Slime. Poop. Saliva. Snot. Bad smells. The texas chainsaw murder maze at universal was almost to much. I wanted to barf second time thru.

(tell pepe when I find him, his *ss is grass.)


----------



## slimy (Jul 12, 2006)

I'm still scared of girls.


----------



## Spanky (Oct 8, 2007)

Devils Chariot said:


> Slime. Poop. Saliva. Snot. Bad smells.


As a firefighter/ paramedic I can tell you that these things, along with blood, are like kryptonite to us. Puts the scare of Jeebus in us all. Kinda ironic.


----------



## Spooklights (Jul 4, 2006)

I guess I'm old enough to not be afraid of much. I'm not afraid of blood, snakes, rats, spiders, or the dark. But those haunts that feature body parts freak me out, especially those with MOVING body parts. I have nightmares for days!


----------



## Brad Green (Jul 29, 2004)

Spiders. Eight-legged, hairy, fanged, multi-eyed skittery things running across my walls, floor, or anywhere else for that matter. If they had a season, I'd use a gun.


----------



## cerinad (Jun 23, 2008)

Okay don't laugh but I have the worst fear of Lightning.. Scares the crap out of me.. I am like a little kid when it comes to it!! I will not go outside if it is lightning outside.. I don't know why but I am..Weird huh?


----------



## englundisgod (Jul 3, 2008)

thats a little wierd but so am I, I thought you meant thunder

When I was really young, I had a friend scared of thunder not really the thunder persay but its just like a jump scare in a movie, and my dog wasnt really scared but it made her go crazy

so when friends would sleep over, its one in the morning and he's already scared trying to fall asleep

then a huge thunderclap and a rottwieller starts barking in his face

**priceless**

- Aaron


----------



## Night Owl (Feb 28, 2008)

Serial killers. Imagine having lived next door to some psychopath like BTK, or Ted Bundy... Yikes. 

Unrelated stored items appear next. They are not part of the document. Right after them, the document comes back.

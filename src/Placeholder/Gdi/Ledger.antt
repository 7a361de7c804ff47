-- ===== src/Placeholder/Gdi/Ledger.antt =====
-- What GDI expects of the calls in src/placeholder/placeholder_renderer.cpp: an object is used and deleted
-- only while it exists, none is deleted while it is selected, and drawing needs the DIB in its DC. A null
-- brush may be given only where none exists.
use spout_relay.Base.{
  ℕ, Bool, true, false, not, ◌&&◌, List, [], ◌∷◌, ◌++◌, Option, none, some, if◌then◌else◌, ◌≡◌,
  refl, choose,
}
use spout_relay.Placeholder.Gdi.{
  Call, create_dc, create_dib, select_dib, restore_dib, delete_dib, delete_dc, create_brush,
  fill_rect, delete_brush, create_font, select_font, restore_font, delete_font, set_text_color,
  set_bk_mode, draw_text, gdi_flush, read_bits, Gdi, Rect, draw_centered_text,
}

-- The objects that exist, and whether the DIB and the font are selected.
pub record Ledger : Type 0 where
  pub dc : Bool
  pub dib : Bool
  pub dib_selected : Bool
  pub brush : Bool
  pub font : Bool
  pub font_selected : Bool

-- Nothing is left.
abbrev pub clean : Ledger
clean = record {
  dc = false;
  dib = false;
  dib_selected = false;
  brush = false;
  font = false;
  font_selected = false;
}

-- A canvas to draw on.
abbrev pub ready : Ledger
ready = record clean { dc = true; dib = true; dib_selected = true }

-- A brush that is not null exists, and none is left undeleted where null is given.
abbrev agrees : Bool → Ledger → Bool
agrees true l = l.brush
agrees false l = not l.brush

unfoldable pub enter : Call → Ledger → Option Ledger
enter create_dc l = if l.dc then none else some (record l { dc = true })
enter (create_dib _ _) l = if l.dc && not l.dib then some (record l { dib = true }) else none
enter select_dib l =
    if l.dc && l.dib && not l.dib_selected then some (record l { dib_selected = true }) else none
enter restore_dib l = if l.dib_selected then some (record l { dib_selected = false }) else none
enter delete_dib l = if l.dib && not l.dib_selected then some (record l { dib = false }) else none
enter delete_dc l =
    if l.dc && not l.dib_selected && not l.font_selected
    then some (record l { dc = false })
    else none
enter (create_brush _) l = if l.brush then none else some (record l { brush = true })
enter (fill_rect brush _) l = if l.dib_selected && agrees brush l then some l else none
enter (delete_brush brush) l = if agrees brush l then some (record l { brush = false }) else none
enter (create_font _ _) l = if l.font then none else some (record l { font = true })
enter select_font l =
    if l.dc && l.font && not l.font_selected then some (record l { font_selected = true }) else none
enter restore_font l = if l.font_selected then some (record l { font_selected = false }) else none
enter delete_font l =
    if l.font && not l.font_selected then some (record l { font = false }) else none
enter (set_text_color _) l = if l.dc then some l else none
enter set_bk_mode l = if l.dc then some l else none
enter (draw_text _ _) l = if l.dib_selected then some l else none
enter gdi_flush l = some l
enter read_bits l = if l.dib then some l else none

unfoldable pub enter_all : List Call → Ledger → Option Ledger
unfolding enter
enter_all [] l = some l
enter_all (c ∷ calls) l = elim (enter c l) [ none ↦ none | some l' ↦ enter_all calls l' ]

pub enter_all-append :
    (xs ys : List Call) (l m : Ledger)
    → enter_all xs l ≡ some m
    → enter_all (xs ++ ys) l ≡ enter_all ys m
unfolding enter_all
enter_all-append [] ys l m e = cc e
enter_all-append (c ∷ xs) ys l m e = after (enter c l) (λ l'. enter_all-append xs ys l' m) e
  where
    after :
        (o : Option Ledger)
        → ((l' : Ledger) → enter_all xs l' ≡ some m → enter_all (xs ++ ys) l' ≡ enter_all ys m)
        → elim o as (λ x. Option Ledger) [ none ↦ none | some l' ↦ enter_all xs l' ] ≡ some m
        → elim o as (λ x. Option Ledger) [ none ↦ none | some l' ↦ enter_all (xs ++ ys) l' ]
          ≡ enter_all ys m
    after none next e = cc
    after (some l') next e = next l' e

-- A text leaves no font behind.
pub enter_all-draw_centered_text :
    (gdi : Gdi) (i : ℕ) (rect : Rect) (text : List ℕ) (color font_height : ℕ) (bold : Bool)
    → enter_all (draw_centered_text gdi i rect text color font_height bold) ready ≡ some ready
unfolding draw_centered_text
enter_all-draw_centered_text gdi i rect text color font_height bold =
    choose (λ calls. enter_all calls ready ≡ some ready) _ (λ _. unfold enter_all in refl)
      (λ _.
        choose (λ calls. enter_all calls ready ≡ some ready) _
          (λ _.
            choose (λ calls. enter_all (create_font font_height bold ∷ calls) ready ≡ some ready) _
              (λ _. unfold enter_all if◌then◌else◌ in refl)
              (λ _. unfold enter_all if◌then◌else◌ in refl))
          (λ _. unfold enter_all if◌then◌else◌ in refl))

My husband has a genuine (no kidding) fear of Lobsters, Crabs, Scorpions... anything with pinchers. He's in the Army Reserve, and a few years ago he spent a couple of weeks in Guantanamo Bay. He swore that at night these huge sand crabs were stalking him in the street. He'd hear a skittering noise and could see their shadows when he'd turn to look. My daughter and I rag him a regular basis, of course! We're evil.:devil:


----------



## englundisgod (Jul 3, 2008)

thats sounds ok lobsters are cocaroaches of the sea, if youve ever seen any of them before there cooked ewwwwww


----------



## Night Owl (Feb 28, 2008)

Waited tables at Red Lobster in my younger days. Had to fish 'em out of the tank and transport them to the kitchen. Basically, you'd just watch the cook throw them in the steamer and wait for the scream. About 30 seconds later it would be garnished with a spud, some butter and a lemon wedge... then off to the table. 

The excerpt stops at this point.